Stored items
══════════════════════════════

-- ===== src/Emu/Arithmetic.antt =====
-- `add`, `sub`, `mul`, `div` and `neg`, and the comparison of `soc` and `cjmpa`.
pub mod Halves
pub mod Conditions
pub mod Comparison
use acca.Prelude.{
  ℕ, ◌+◌, ◌*◌, ◌/◌, ◌%◌, ◌^◌, bit_and, bit_or, Bool, not, ◌&&◌, ◌||◌, Option, ltb, leb, ◌==◌,
  if◌then◌else◌,
}
use acca.Word.{
  all_bits, shl, wrapping_add, wrapping_sub, wrapping_mul, is_negative, magnitude, negate,
  with_sign, i64_mul_overflows,
}
use acca.Emu.Platform.{Platform}
use acca.Emu.Util.Bit.{bit_as_bool}
use acca.Emu.Util.Size.{Size, msb_index, mask}
use acca.Emu.Util.Register.{get_unsigned, get_signed}
use acca.Emu.Util.Flags.{Condition, test, carry, set_carry, set_zero, set_overflow, set_sign}
use acca.Emu.State.{Vm, register, Flow, ok, panic, ◌>>=◌}
use acca.Emu.Memory.{set_sized_register, set_destination}

-- The four condition bits that `add` and `sub` compute from operands and result.
pub record Outcome : Type 0 where
  pub carry_bit : Bool
  pub zero_bit : Bool
  pub overflow_bit : Bool
  pub sign_bit : Bool

abbrev pub with_outcome : ℕ → Outcome → ℕ
with_outcome flags out =
    set_sign (set_overflow (set_zero (set_carry flags out.carry_bit) out.zero_bit) out.overflow_bit)
      out.sign_bit

unfoldable pub add_outcome : Size → ℕ → ℕ → ℕ → Outcome
add_outcome size lhs rhs result =
    let lhs_msb = bit_as_bool lhs (msb_index size) in
    let rhs_msb = bit_as_bool rhs (msb_index size) in
    let res_msb = bit_as_bool result (msb_index size) in
    record {
      carry_bit = (lhs_msb && rhs_msb) || ((lhs_msb || rhs_msb) && not res_msb);
      zero_bit = bit_and result (mask size) == 0;
      overflow_bit =
          ((lhs_msb && rhs_msb) && not res_msb) || ((not lhs_msb && not rhs_msb) && res_msb);
      sign_bit = res_msb;
    }

unfoldable pub sub_outcome : Size → ℕ → ℕ → ℕ → Outcome
sub_outcome size lhs rhs result =
    let lhs_msb = bit_as_bool lhs (msb_index size) in
    let rhs_msb = bit_as_bool rhs (msb_index size) in
    let res_msb = bit_as_bool result (msb_index size) in
    record {
      carry_bit = ((not lhs_msb && rhs_msb) || (res_msb && rhs_msb)) || (res_msb && not lhs_msb);
      zero_bit = bit_and result (mask size) == 0;
      overflow_bit =
          ((lhs_msb && not rhs_msb) && not res_msb) || ((not lhs_msb && rhs_msb) && res_msb);
      sign_bit = res_msb;
    }

-- `if $borrow && self.flags.carry() { 1 } else { 0 }`
abbrev pub carry_in : Bool → Vm → ℕ
carry_in wanted vm = if wanted && carry vm.flags then 1 else 0

-- The common parts of the two forms of `add` and of `sub`, from the value of the right operand.
unfoldable pub add_with : Size → Option ℕ → ℕ → ℕ → Bool → Bool → Vm → Vm
add_with size dst lhs rhs carry set_flags vm =
    let left = get_signed (register vm lhs) size in
    let result = wrapping_add (wrapping_add left rhs) (carry_in carry vm) in
    let written = set_destination vm dst size result in
    if set_flags
    then record written { flags = with_outcome written.flags (add_outcome size left rhs result) }
    else written

unfoldable pub sub_with : Size → Option ℕ → ℕ → ℕ → Bool → Bool → Vm → Vm
sub_with size dst lhs rhs borrow set_flags vm =
    let left = get_signed (register vm lhs) size in
    let result = wrapping_sub (wrapping_sub left rhs) (carry_in borrow vm) in
    let written = set_destination vm dst size result in
    if set_flags
    then record written { flags = with_outcome written.flags (sub_outcome size left rhs result) }
    else written

module _ ⦃platform : Platform⦄ where
  -- `imm <<= shift_factor * 11` is checked only if the profile asks for it; otherwise the amount
  -- is taken modulo 64.
  unfoldable pub imm11_with_shift_factor : ℕ → ℕ → Bool → Flow ℕ
  imm11_with_shift_factor imm shift_factor sign_extend =
      let amount = shift_factor * 11 in
      let shifted = shl imm (amount % 64) in
      let msb = amount + 10 in
      if platform.overflow_checks && leb 64 amount
      then panic
      else if (sign_extend && ltb msb 63) && bit_as_bool shifted msb
      then ok (bit_or shifted (shl all_bits (amount + 11)))
      else ok shifted

  unfoldable pub add_imm : Size → Option ℕ → ℕ → ℕ → ℕ → Bool → Bool → Bool → Vm → Flow Vm
  add_imm size dst lhs rhs shift_factor sign_extend carry set_flags vm = do
    right ← imm11_with_shift_factor rhs shift_factor sign_extend
    ok (add_with size dst lhs right carry set_flags vm)

  unfoldable pub sub_imm : Size → Option ℕ → ℕ → ℕ → ℕ → Bool → Bool → Bool → Vm → Flow Vm
  sub_imm size dst lhs rhs shift_factor sign_extend borrow set_flags vm = do
    right ← imm11_with_shift_factor rhs shift_factor sign_extend
    ok (sub_with size dst lhs right borrow set_flags vm)

unfoldable pub add_reg : Size → Option ℕ → ℕ → ℕ → Bool → Bool → Vm → Flow Vm
add_reg size dst lhs rhs carry set_flags vm =
    ok (add_with size dst lhs (get_signed (register vm rhs) size) carry set_flags vm)

unfoldable pub sub_reg : Size → Option ℕ → ℕ → ℕ → Bool → Bool → Vm → Flow Vm
sub_reg size dst lhs rhs borrow set_flags vm =
    ok (sub_with size dst lhs (get_signed (register vm rhs) size) borrow set_flags vm)

-- The zero and sign flags of a result, as `mul`, `div`, `neg` and the logical instructions set
-- them.
abbrev pub set_zero_and_sign : ℕ → Size → ℕ → ℕ
set_zero_and_sign flags size result =
    set_sign (set_zero flags (bit_and result (mask size) == 0))
      (bit_as_bool result (msb_index size))

unfoldable pub with_zero_and_sign : Vm → Bool → Size → ℕ → Vm
with_zero_and_sign vm set_flags size result =
    if set_flags then record vm { flags = set_zero_and_sign vm.flags size result } else vm

module _ ⦃platform : Platform⦄ where
  -- `*` on two `i64` and on two `u64`.
  unfoldable pub checked_product : Bool → ℕ → ℕ → Flow ℕ
  checked_product signed lhs rhs =
      let overflows = if signed then i64_mul_overflows lhs rhs else leb (2 ^ 64) (lhs * rhs) in
      if platform.overflow_checks && overflows then panic else ok (wrapping_mul lhs rhs)

  unfoldable pub mul : Size → Size → ℕ → ℕ → ℕ → Bool → Bool → Vm → Flow Vm
  mul src_size dst_size dst lhs rhs signed set_flags vm = do
    let left =
        if signed
        then get_signed (register vm lhs) src_size
        else get_unsigned (register vm lhs) src_size
    let right =
        if signed
        then get_signed (register vm rhs) src_size
        else get_unsigned (register vm rhs) src_size
    result ← checked_product signed left right
    ok (with_zero_and_sign (set_sized_register vm dst dst_size result) set_flags dst_size result)

  -- `-src`
  unfoldable pub neg : Size → ℕ → ℕ → Bool → Vm → Flow Vm
  neg size dst src set_flags vm =
      let value = get_signed (register vm src) size in
      let result = negate value in
      if platform.overflow_checks && value == 2 ^ 63
      then panic
      else ok (with_zero_and_sign (set_sized_register vm dst size result) set_flags size result)

-- `/` and `%`: both panic on a zero divisor, and on `i64::MIN / -1`, whatever the profile.
unfoldable pub quotient_and_remainder : Bool → ℕ → ℕ → Flow (ℕ × ℕ)
quotient_and_remainder signed lhs rhs =
    if rhs == 0 || (signed && (lhs == 2 ^ 63 && rhs == all_bits))
    then panic
    else if signed
    then ok (
      with_sign (if is_negative lhs then not (is_negative rhs) else is_negative rhs)
          (magnitude lhs / magnitude rhs),
      with_sign (is_negative lhs) (magnitude lhs % magnitude rhs),
    )
    else ok (lhs / rhs, lhs % rhs)

unfoldable pub div : Size → ℕ → ℕ → ℕ → ℕ → Bool → Bool → Vm → Flow Vm
div size quot rem lhs rhs signed set_flags vm = do
  let left =
      if signed then get_signed (register vm lhs) size else get_unsigned (register vm lhs) size
  let right =
      if signed then get_signed (register vm rhs) size else get_unsigned (register vm rhs) size
  (result_quot, result_rem) ← quotient_and_remainder signed left right
  let kept = if quot == rem then vm else set_sized_register vm rem size result_rem
  ok (with_zero_and_sign (set_sized_register kept quot size result_quot) set_flags size result_quot)

-- The macro `compare!`.
unfoldable pub compare_registers : Size → ℕ → ℕ → Bool → Condition → Vm → Bool
compare_registers size lhs rhs borrow cond vm =
    let left = get_signed (register vm lhs) size in
    let right = get_signed (register vm rhs) size in
    let result = wrapping_sub (wrapping_sub left right) (carry_in borrow vm) in
    let out = sub_outcome size left right result in
    test cond out.carry_bit out.zero_bit out.overflow_bit out.sign_bit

══════════════════════════════

◆ WHAT TO DO ◆
Set down only the lines above that fall between the line holding "-- The macro" and the line holding "let right = get_signed", inclusive, keeping each exact.

◆ SOLUTION BELOW ◆
-- The macro `compare!`.
unfoldable pub compare_registers : Size → ℕ → ℕ → Bool → Condition → Vm → Bool
compare_registers size lhs rhs borrow cond vm =
    let left = get_signed (register vm lhs) size in
    let right = get_signed (register vm rhs) size in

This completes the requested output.